> **INPUT FOR THIS TASK**
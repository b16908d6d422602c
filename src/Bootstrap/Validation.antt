-- ===== src/Bootstrap/Validation.antt =====
-- What an accepted bootstrap file declares: internal/bootstrap/bootstrap.go.
use smtp_auth_proxy.Prelude.{
  ℕ, ◌+◌, ◌≡◌, refl, inl, inr, Bool, true, false, not, ◌&&◌, List, ◌∷◌, ◌++◌, arith, ◌==◌,
  Bool-cases, length, All, [],
}
use smtp_auth_proxy.Strings.{Str}
use smtp_auth_proxy.Policy.Address.{Mail}
use smtp_auth_proxy.Bootstrap.{
  File, Account, Problem, is_hash, account_problems, account_faults, validate, problem_if,
  hash_required, not_a_hash, username_required,
}

no_append {ℓ} : {A : Type ℓ} (xs ys : List A) → xs ++ ys ≡ [] → (xs ≡ []) × (ys ≡ [])
no_append [] ys h = (refl, h)
no_append (x ∷ xs) ys h = cc

-- What is checked of one account.
pub record IsDeclared (a : Account) : Type 0 where
  pub named : (length a.username == 0) ≡ false
  pub hashed : is_hash a.password_hash ≡ true

problem_if-none : (b : Bool) (p : Problem) → problem_if b p ≡ [] → b ≡ false
problem_if-none true p h = cc
problem_if-none false p h = refl

account_faults-hash :
    (mail : Mail) (a : Account) (names : List Str) (i : ℕ)
    → account_faults mail a names i ≡ []
    → is_hash a.password_hash ≡ true
unfolding account_faults
account_faults-hash mail a names i h =
    let (h5, _) = no_append _ _ h in
    let (h4, _) = no_append _ _ h5 in
    let (h3, _) = no_append _ _ h4 in
    let (h2, n3) = no_append _ _ h3 in
    let (_, n2) = no_append _ _ h2 in
    let empty = problem_if-none (length a.password_hash == 0) (hash_required i) n2 in
    let plain =
      problem_if-none (not (length a.password_hash == 0) && not (is_hash a.password_hash))
        (not_a_hash i) n3 in
    elim (Bool-cases (is_hash a.password_hash)) [ inl e ↦ e | inr e ↦ ground arith ]

account_problems-IsDeclared :
    (mail : Mail) (accounts : List Account) (names : List Str) (i : ℕ)
    → account_problems mail accounts names i ≡ []
    → All IsDeclared accounts
unfolding account_problems
account_problems-IsDeclared mail [] names i h = tt
account_problems-IsDeclared mail (a ∷ rest) names i h = elim (Bool-cases (length a.username == 0)) [
  | inl e ↦
      (let q : username_required i ∷ account_problems mail rest names (i + 1) ≡ [] = ground arith in
        cc)
  | inr e ↦
      (let q : account_faults mail a names i
              ++ account_problems mail rest (a.username ∷ names) (i + 1)
            ≡ [] =
          ground arith in
        (let (faults, others) = no_append _ _ q in
          (
            record { named = e; hashed = account_faults-hash mail a names i faults },
            account_problems-IsDeclared mail rest (a.username ∷ names) (i + 1) others,
          )))
]

-- Each account of a bootstrap file in which validation finds no problem has a name, and its
-- password hash starts like an Argon2id hash: a password cannot stand in its place.
pub validate-IsDeclared :
    (mail : Mail) (f : File) → validate mail f ≡ [] → All IsDeclared f.accounts
unfolding validate
validate-IsDeclared mail f h = account_problems-IsDeclared mail f.accounts [] 0 (no_append _ _ h).1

> **WORK INSTRUCTION**
Would you please repeat exactly the lines above, starting at the line with "a names i ≡ []" and stopping at the line with "let (_, n2) = no_append _ _ h2 in", both included?

> **SOLUTION TO THIS EXERCISE**
    → account_faults mail a names i ≡ []
    → is_hash a.password_hash ≡ true
unfolding account_faults
account_faults-hash mail a names i h =
    let (h5, _) = no_append _ _ h in
    let (h4, _) = no_append _ _ h5 in
    let (h3, _) = no_append _ _ h4 in
    let (h2, n3) = no_append _ _ h3 in
    let (_, n2) = no_append _ _ h2 in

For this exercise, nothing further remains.